Oregon Constitution, Article I, section 18 in part provides:
"Private property shall not be taken for public use * * * without just compensation; nor except in the case of the state, without such compensation first assessed and tendered * * *."
[2] Chapter 401 combines statutes on three separate, although related, subjects. Defendant did not cite the trial court to any specific section. Several sections of ORS chapter 401 might have been pertinent.
[3] This is not a case where the parties and the court have tried the case as if a theory of recovery or defense had been pleaded even though it had not been.
[4] ORCP 18 A requires "[a] plain and concise statement of the ultimate facts constituting a claim for relief," a fact-pleading requirement. The function of pleadings in an action, after the advent of the ORCPs as well as before, may be compared to a syllogism. The major premise is the law of the land. The allegations of the pleader correspond to the minor premise and must allege facts sufficient to bring the pleader within that law. These allegations must consist of facts on which the pleader relies to lead to the desired conclusionthe "therefore" ending of the syllogism which would justify the judgment or other relief sought.

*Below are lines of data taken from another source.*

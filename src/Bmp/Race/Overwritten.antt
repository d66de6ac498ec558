-- ===== src/Bmp/Race/Overwritten.antt =====
-- Two goroutines of BMP connections that overlap in `peerState` can change the name of a distinguisher.
use for_visibility.Prelude.{
  ℕ, ◌≡◌, refl, sym, ap, ◌∙◌, subst, true, false, some, none, [], ◌∷◌, ◌++◌, append_assoc, arith,
}
use for_visibility.Prelude.Assoc.{lookup, insert, lookup-insert_self}
use for_visibility.Text.{Bytes, bytes_eq}
use for_visibility.Text.Address.{is_unspecified}
use for_visibility.Vrf.{Kernel, non_default_names}
use for_visibility.Bmp.Peer.{Bmp, PeerHeader, is_empty, sole, per_peer, peer_up_vrf}
use for_visibility.Bmp.Race.{
  Stage, away, unnamed, naming, Board, look_up, named_or_rd, choose_name, Act, look, choose, store,
  file, System, turn, Steps, rest, steps,
}

-- A Peer Up of a real neighbor in a VRF.
pub record IsPeerUp (body : Bytes) (h : PeerHeader) : Type 0 where
  pub header : per_peer body ≡ some h
  pub real : is_unspecified h.peer ≡ false
  pub distinguished : is_empty h.rd ≡ false

look-unnamed :
    (s : Board) (body : Bytes) (h : PeerHeader)
    → IsPeerUp body h
    → lookup h.rd s.bmp.rd_vrf ≡ none
    → Act s away s (unnamed h body true)
unfolding look_up
look-unnamed s body h v unknown =
    subst (Act s away s) (rw (look_up, v.distinguished, unknown) refl)
      (look body true h v.header v.real)

choose-told :
    (s : Board) (kernel : Kernel) (body : Bytes) (h : PeerHeader) (c : ℕ) (n : Bytes)
    → peer_up_vrf body ≡ c ∷ n
    → Act s (unnamed h body true) s (naming h true (c ∷ n))
choose-told s kernel body h c n told =
    subst (λ (r : Bmp × Stage). Act s (unnamed h body true) (record s { bmp = r.0 }) r.1)
      (ap (choose_name kernel s.bmp h true) told ∙ unfold choose_name in refl)
      (choose kernel h body true)

choose-sole :
    (s : Board) (kernel : Kernel) (body : Bytes) (h : PeerHeader) (c : ℕ) (n : Bytes)
    → peer_up_vrf body ≡ []
    → sole (non_default_names kernel s.bmp.vrf).0 ≡ c ∷ n
    → Act s
        (unnamed h body true)
        (record s { bmp = record s.bmp { vrf = (non_default_names kernel s.bmp.vrf).1 } })
        (naming h true (c ∷ n))
unfolding named_or_rd
choose-sole s kernel body h c n silent alone =
    subst (λ (r : Bmp × Stage). Act s (unnamed h body true) (record s { bmp = r.0 }) r.1)
      (ap (choose_name kernel s.bmp h true) silent
        ∙ (unfold choose_name in
            ap
              (λ name. (
                record s.bmp { vrf = (non_default_names kernel s.bmp.vrf).1 },
                named_or_rd h true name,
              ))
              alone))
      (choose kernel h body true)

abbrev pub quiet : Board → System
quiet s = record { board = s; stage = λ _. away }

-- Two connections get a Peer Up of one distinguisher that has no name yet. One of the messages tells
-- a name, the other one does not and only one VRF is there. There is an order of the steps after
-- which the first name is stored and filed, and then overwritten by that of the VRF, under which the
-- second neighbor is filed; no message is left.
pub Steps-overwritten :
    (s : Board) (kernel : Kernel) (body body' : Bytes) (h h' : PeerHeader) (c d : ℕ) (n m : Bytes)
    → IsPeerUp body h
    → IsPeerUp body' h'
    → h'.rd ≡ h.rd
    → lookup h.rd s.bmp.rd_vrf ≡ none
    → peer_up_vrf body ≡ c ∷ n
    → peer_up_vrf body' ≡ []
    → sole (non_default_names kernel s.bmp.vrf).0 ≡ d ∷ m
    → (t : System) × Steps (quiet s) t
      × ((g : ℕ) → t.stage g ≡ away)
      × (t.board.filed ≡ s.filed ++ (h.rd, c ∷ n) ∷ (h.rd, d ∷ m) ∷ [])
      × (lookup h.rd t.board.bmp.rd_vrf ≡ some (d ∷ m))
Steps-overwritten s kernel body body' h h' c d n m v v' same unknown told silent alone = (
  _,
  steps (turn 0 (look-unnamed s body h v unknown)) (
      steps (turn 1 (look-unnamed s body' h' v' (ap (λ r. lookup r s.bmp.rd_vrf) same ∙ unknown))) (
        steps (turn 1 (choose-sole s kernel body' h' d m silent alone)) (
          steps (turn 0 (choose-told _ kernel body h c n told)) (
            steps (turn 0 (store h true (c ∷ n))) (
              steps (turn 0 (file h true (c ∷ n))) (
                steps (turn 1 (store h' true (d ∷ m)))
                  (steps (turn 1 (file h' true (d ∷ m))) rest))))))),
  λ g. ground arith,
  append_assoc s.filed ((h.rd, c ∷ n) ∷ []) ((h'.rd, d ∷ m) ∷ [])
      ∙ ap (λ r. s.filed ++ (h.rd, c ∷ n) ∷ (r, d ∷ m) ∷ []) same,
  ap (λ r. lookup r (insert h'.rd (d ∷ m) (insert h.rd (c ∷ n) s.bmp.rd_vrf))) (sym same)
      ∙ lookup-insert_self h'.rd (d ∷ m) (insert h.rd (c ∷ n) s.bmp.rd_vrf),
)
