-- ===== src/Bmp/Race/Settled.antt =====
-- What the goroutines of the BMP connections do with a distinguisher that has its name.
use for_visibility.Prelude.{
  ℕ, ◌≡◌, ◌≢◌, refl, ap, sym, ◌∙◌, Bool, true, Option, some, none, [], ◌∷◌, ◌==◌, All, All-append,
  arith, if-cases,
}
use for_visibility.Prelude.Assoc.{lookup, lookup-insert}
use for_visibility.Text.{Bytes, text, bytes_eq, bytes_beq_iff}
use for_visibility.Vrf.{Kernel}
use for_visibility.Bmp.Peer.{Bmp, PeerHeader, is_empty}
use for_visibility.Bmp.Race.{
  Stage, away, unnamed, naming, filing, Board, looked_up, look_up, named_or_rd, choose_name,
  told_name, Act, skip_short, skip_unspecified, look, choose, store, file, System, set_stage, Step,
  turn, Steps, rest, steps,
}

module _ (rd n : Bytes) where
  -- A goroutine is not about to name the distinguisher, and files it under `n`.
  abbrev pub Follows : Stage → Type 0
  Follows away = Unit
  Follows (unnamed h body up) = h.rd ≢ rd
  Follows (naming h up name) = h.rd ≢ rd
  Follows (filing h up vrf) = h.rd ≡ rd → vrf ≡ n

  abbrev pub FiledUnder : Bytes × Bytes → Type 0
  FiledUnder (r, vrf) = r ≡ rd → vrf ≡ n

  -- The distinguisher has the name `n`, and whoever is in a message of it files it under `n`.
  pub record IsSettled (s : System) : Type 0 where
    pub learned : lookup rd s.board.bmp.rd_vrf ≡ some n
    pub follows : (g : ℕ) → Follows (s.stage g)
    pub under : All FiledUnder s.board.filed

  looked_up-Follows :
      (body : Bytes) (up : Bool) (h : PeerHeader) (name : Option Bytes)
      → (h.rd ≡ rd → name ≡ some n)
      → Follows (looked_up body up h name)
  looked_up-Follows body up h (some name) v = λ same. let e = v same in cc
  looked_up-Follows body up h none v = λ same. let e = v same in cc

  look_up-Follows :
      (b : Bmp) (body : Bytes) (up : Bool) (h : PeerHeader)
      → rd ≢ []
      → lookup rd b.rd_vrf ≡ some n
      → Follows (look_up b body up h)
  unfolding look_up
  look_up-Follows b body up h full e =
      if-cases Follows (is_empty h.rd) (filing h up (text "default"))
        (looked_up body up h (lookup h.rd b.rd_vrf))
        (λ nothing same. absurd (full (sym same ∙ empty h.rd nothing)))
        (λ _.
          looked_up-Follows body up h (lookup h.rd b.rd_vrf)
            (λ same. ap (λ r. lookup r b.rd_vrf) same ∙ e))
    where
      empty : (r : Bytes) → is_empty r ≡ true → r ≡ []
      empty [] h = refl
      empty (c ∷ r) h = cc

  choose_name-Follows :
      (kernel : Kernel) (b : Bmp) (h : PeerHeader) (up : Bool) (told : Bytes)
      → h.rd ≢ rd
      → Follows (choose_name kernel b h up told).1
  unfolding choose_name named_or_rd
  choose_name-Follows kernel b h up told other = ground arith

  choose_name-keeps :
      (kernel : Kernel) (b : Bmp) (h : PeerHeader) (up : Bool) (told : Bytes)
      → (choose_name kernel b h up told).0.rd_vrf ≡ b.rd_vrf
  unfolding choose_name
  choose_name-keeps kernel b h up told = ground arith

  Act-Follows :
      {s t : Board} {p q : Stage}
      → rd ≢ []
      → lookup rd s.bmp.rd_vrf ≡ some n
      → Follows p
      → Act s p t q
      → Follows q
  Act-Follows full e v (skip_short body h) = tt
  Act-Follows full e v (skip_unspecified body h known unspecified) = tt
  Act-Follows full e v (look body up h known specified) = look_up-Follows _ body up h full e
  Act-Follows full e v (choose kernel h body up) =
      choose_name-Follows kernel _ h up (told_name body up) v
  Act-Follows full e v (store h up name) = λ same. absurd (v same)
  Act-Follows full e v (file h up vrf) = tt

  Act-learned :
      {s t : Board} {p q : Stage}
      → lookup rd s.bmp.rd_vrf ≡ some n
      → Follows p
      → Act s p t q
      → lookup rd t.bmp.rd_vrf ≡ some n
  Act-learned e v (skip_short body h) = e
  Act-learned e v (skip_unspecified body h known unspecified) = e
  Act-learned e v (look body up h known specified) = e
  Act-learned {s} e v (choose kernel h body up) =
      rw (choose_name-keeps kernel s.bmp h up (told_name body up)) e
  Act-learned {s} e v (store h up name) =
      ground (arith, lookup-insert rd h.rd name s.bmp.rd_vrf, bytes_beq_iff h.rd rd)
  Act-learned e v (file h up vrf) = e

  Act-under :
      {s t : Board} {p q : Stage}
      → All FiledUnder s.filed
      → Follows p
      → Act s p t q
      → All FiledUnder t.filed
  Act-under under v (skip_short body h) = under
  Act-under under v (skip_unspecified body h known unspecified) = under
  Act-under under v (look body up h known specified) = under
  Act-under under v (choose kernel h body up) = under
  Act-under under v (store h up name) = under
  Act-under {s} under v (file h up vrf) =
      All-append FiledUnder s.filed ((h.rd, vrf) ∷ []) under (v, tt)

  set_stage-Follows :
      (g : ℕ) (q : Stage) (stage : ℕ → Stage)
      → Follows q
      → ((j : ℕ) → Follows (stage j))
      → (j : ℕ) → Follows (set_stage g q stage j)
  set_stage-Follows g q stage v others j =
      if-cases Follows (j == g) q (stage j) (λ _. v) (λ _. others j)

  Step-IsSettled : {s t : System} → rd ≢ [] → IsSettled s → Step s t → IsSettled t
  Step-IsSettled {s} full v (turn {t} {p} g act) = record {
    learned = Act-learned v.learned (v.follows g) act;
    follows =
        set_stage-Follows g p s.stage (Act-Follows full v.learned (v.follows g) act) v.follows;
    under = Act-under v.under (v.follows g) act;
  }

  -- If a distinguisher (not the empty one) has its name, its neighbors were filed under that name so
  -- far, and no goroutine is between the lookup and the store of it or about to file it under another
  -- name, then all this stays so, whatever the order in which the connections take turns: the name
  -- stays, and every Peer Up and Peer Down of the distinguisher is filed under it.
  pub Steps-IsSettled : {s t : System} → rd ≢ [] → IsSettled s → Steps s t → IsSettled t
  Steps-IsSettled full v rest = v
  Steps-IsSettled full v (steps step later) =
      Steps-IsSettled full (Step-IsSettled full v step) later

[5] The case relied on holds that mature crops ready for harvest and a flowage easement were "taken." Barnes v. United States, 538 F.2d 865, 872, 210 Ct.Cl. 467 (1976). The points city relies on here come from discussions or comments outside the holdings in that case.

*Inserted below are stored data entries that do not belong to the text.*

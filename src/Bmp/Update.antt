-- ===== src/Bmp/Update.antt =====
-- internal/ingest/bmp.go: Route Monitoring (`routeMon`, `parseUpdate`, `handleMP`,
-- `writeVPNRoute`). The walk over the path attributes panics where Go slices past the capacity.
pub mod Routes
pub mod Attributes
pub mod Packets
use for_visibility.Prelude.{
  ℕ, zero, suc, ◌+◌, ◌-◌, ◌/◌, ◌%◌, Bool, true, false, not, ◌&&◌, ◌||◌, Option, none, some, List,
  [], ◌∷◌, ◌++◌, ltb, ◌==◌, if◌then◌else◌, length, take, drop, Run, returns, panics, ◌>>=◌,
}
use for_visibility.Text.{Bytes, text, join}
use for_visibility.Text.Decimal.{itoa}
use for_visibility.Text.Address.{Ip, ip_string}
use for_visibility.Wire.{at, slice, be16}
use for_visibility.Gnmi.{Effect, cache_update, emit, leaf_update, elems_path}
use for_visibility.Gnmi.Paths.{vpn_route_elems}
use for_visibility.Bmp.Nlri.{Nlri, parse_rts, parse_vpn_nlri}
use for_visibility.Bmp.Peer.{PeerHeader, per_peer, is_empty}

unfoldable pub write_vpn_route : Ip → Nlri → Ip → List Bytes → Bool → List Effect
write_vpn_route peer n nh rts withdraw =
    let nh_text = if is_empty nh then text "-" else ip_string nh in
    let detail = text "rd=" ++ n.rd ++ text " peer=" ++ ip_string peer in
    let leaf = λ (name : Bytes) (v : Bytes). leaf_update (vpn_route_elems n.rd n.prefix name) v in
    if withdraw
    then cache_update (text "frr") [] (elems_path (vpn_route_elems n.rd n.prefix []) ∷ [])
      ∷ emit (text "bmp") (text "vpn-withdraw") n.prefix detail false
      ∷ []
    else emit (text "bmp") (text "vpn-announce") n.prefix detail false
      ∷ cache_update (text "frr")
          (leaf (text "label") (itoa n.label)
            ∷ leaf (text "next-hop") nh_text
            ∷ leaf (text "route-target") (join rts (text ","))
            ∷ leaf (text "peer") (ip_string peer)
            ∷ [])
          []
      ∷ []

-- The loop over the NLRI; each round takes a byte at least.
nlri_loop : ℕ → Bytes → List Nlri
nlri_loop zero p = []
nlri_loop (suc fuel) p = elim (parse_vpn_nlri p) [
  | none ↦ []
  | some n ↦ n ∷ nlri_loop fuel (drop n.consumed p)
]

unfoldable pub nlris : Bytes → List Nlri
unfolding nlri_loop
nlris p = nlri_loop (length p) p

unfoldable pub write_all : Ip → Ip → List Bytes → Bool → List Nlri → List Effect
unfolding write_vpn_route
write_all peer nh rts withdraw [] = []
write_all peer nh rts withdraw (n ∷ ns) =
    write_vpn_route peer n nh rts withdraw ++ write_all peer nh rts withdraw ns

-- The next hop of MP_REACH and the NLRI behind it; `none` is an early return.
unfoldable pub next_hop : Bytes → Option (Ip × Bytes)
next_hop p =
    let nh_len = at p 0 in
    let rest = drop 1 p in
    if ltb (length p) 1
    then none
    else if ltb (length rest) nh_len
    then none
    else if ltb (length (drop nh_len rest)) 1
    then none
    else some (if ltb nh_len 12 then [] else slice 8 12 rest, drop 1 (drop nh_len rest))

unfoldable pub mp_routes : Ip → List Bytes → Option (Ip × Bytes) → List Effect
unfolding nlris write_all
mp_routes peer rts none = []
mp_routes peer rts (some (nh, p)) = write_all peer nh rts false (nlris p)

-- AFI 1, SAFI 128: only VPN-IPv4
unfoldable pub handle_mp : Ip → Bytes → List Bytes → Bool → List Effect
unfolding next_hop nlris write_all
handle_mp peer v rts withdraw =
    if ltb (length v) 3
    then []
    else if not (be16 v 0 == 1) || not (at v 2 == 128)
    then []
    else if withdraw
    then write_all peer [] rts true (nlris (drop 3 v))
    else mp_routes peer rts (next_hop (drop 3 v))

-- what the walk over the attributes keeps; nil is `none`
pub record Found : Type 0 where
  pub mp_reach : Option Bytes
  pub mp_unreach : Option Bytes
  pub rts : List Bytes

unfoldable pub keep_attr : Found → ℕ → Bytes → Found
keep_attr s atype val =
    if atype == 14
    then record s { mp_reach = some val }
    else if atype == 15
    then record s { mp_unreach = some val }
    else if atype == 16
    then record s { rts = parse_rts val }
    else s

-- bit 0x10 of the flags: the extended length
abbrev pub is_extended : ℕ → Bool
is_extended flags = flags / 16 % 2 == 1

-- `attrs[2:4]` reads past `len(attrs)` as far as the capacity goes: `beyond` is what stands there.
-- Each round takes three bytes at least.
attr_loop : ℕ → Found → Bytes → Bytes → Run Found
attr_loop zero s attrs beyond = returns s
attr_loop (suc fuel) s attrs beyond =
    let extended = is_extended (at attrs 0) in
    let alen = if extended then be16 (attrs ++ beyond) 2 else at attrs 2 in
    let hdr = if extended then 4 else 3 in
    let rest =
      attr_loop fuel (keep_attr s (at attrs 1) (slice hdr (hdr + alen) attrs))
        (drop (hdr + alen) attrs) beyond in
    if ltb (length attrs) 3
    then returns s
    else if extended && ltb (length (attrs ++ beyond)) 4
    then panics
    else if ltb (length attrs) (hdr + alen)
    then returns s
    else rest

abbrev pub nothing_found : Found
nothing_found = record { mp_reach = none; mp_unreach = none; rts = [] }

unfoldable pub walk_attrs : Bytes → Bytes → Run Found
unfolding attr_loop keep_attr
walk_attrs attrs beyond = attr_loop (length attrs) nothing_found attrs beyond

abbrev pub if_some : Option Bytes → (Bytes → List Effect) → List Effect
if_some none f = []
if_some (some v) f = f v

-- MP_REACH first, with the route targets, then MP_UNREACH
unfoldable pub found_effects : Ip → Found → List Effect
unfolding handle_mp
found_effects peer s =
    if_some s.mp_reach (λ v. handle_mp peer v s.rts false)
    ++ if_some s.mp_unreach (λ v. handle_mp peer v [] true)

-- behind the IPv4-unicast withdrawn routes: the path attributes and what follows them
unfoldable pub parse_attrs : Ip → Bytes → Run (List Effect)
unfolding walk_attrs found_effects
parse_attrs peer p =
    let pa_len = be16 p 0 in
    let q = drop 2 p in
    if ltb (length q) pa_len
    then returns []
    else (walk_attrs (take pa_len q) (drop pa_len q) >>= λ s. returns (found_effects peer s))

-- 19 bytes of BGP header, whose last is the type; 2 is UPDATE
unfoldable pub parse_update : Ip → Bytes → Run (List Effect)
unfolding parse_attrs
parse_update peer m =
    let p = drop 19 m in
    let w_len = be16 p 0 in
    if ltb (length m) 19 || not (at m 18 == 2)
    then returns []
    else if ltb (length p) 2
    then returns []
    else if ltb (length (drop 2 p)) (w_len + 2)
    then returns []
    else parse_attrs peer (drop w_len (drop 2 p))

unfoldable pub route_mon : Bytes → Run (List Effect)
unfolding parse_update per_peer
route_mon body = elim (per_peer body) [
  | none ↦ returns []
  | some h ↦ parse_update h.peer (drop 42 body)
]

[6] The Court of Appeals' opinion speaks in terms of consequential versus direct damages. Stating that the harm caused by the government is a consequential damage is a frequent way of saying that the owner's property rights have not been interfered with so as to constitute a taking. See Thornburg v. Port of Portland, 233 Or. 178, 194, 376 P.2d 100 (1962) (terms such as consequential damages are "conclusions that the court reached when it had decided that the facts involved did not measure up to the standard necessary for a `taking'"). Of course, damages can be indirect and thus noncompensable because they are too remote or speculative, e.g. State Highway Comm. v. Compton, 265 Or. 339, 507 P.2d 13 (1973) or not caused by the government action. See Dept. of Trans. v. Lundberg, 312 Or. 568, 574, 825 P.2d 641 (1992) (measure of damages includes depreciation of remaining property not taken "caused by the taking" of other portions of property). The statement made by the court in State ex rel Dept. of Trans. v. Glenn, 288 Or. 17, 20, 602 P.2d 253 (1980), to the effect that the damages are too "indirect" to be compensable, simply means that the need for removal and its costs that may be incurred do not qualify as a "taking."
[7] Restatement (Second) of Judgments (1982), § 27, 250 (1982) in part states:
"When an issue of fact * * * is actually litigated and determined * * * and the determination is essential to the judgment, the determination is conclusive in a subsequent action between the parties, whether on the same or a different claim."
The judgment has not been finally entered for the damages only because of the present appeal. Our resolution of that appeal confirms that judgment for damages for destruction of the crops and livestock is appropriate. The evidence of amount of damages for destruction of the crops and livestock and the other dimensions of that issue appear identical, confirming under comments c and j to section 27 that issue preclusion is appropriate.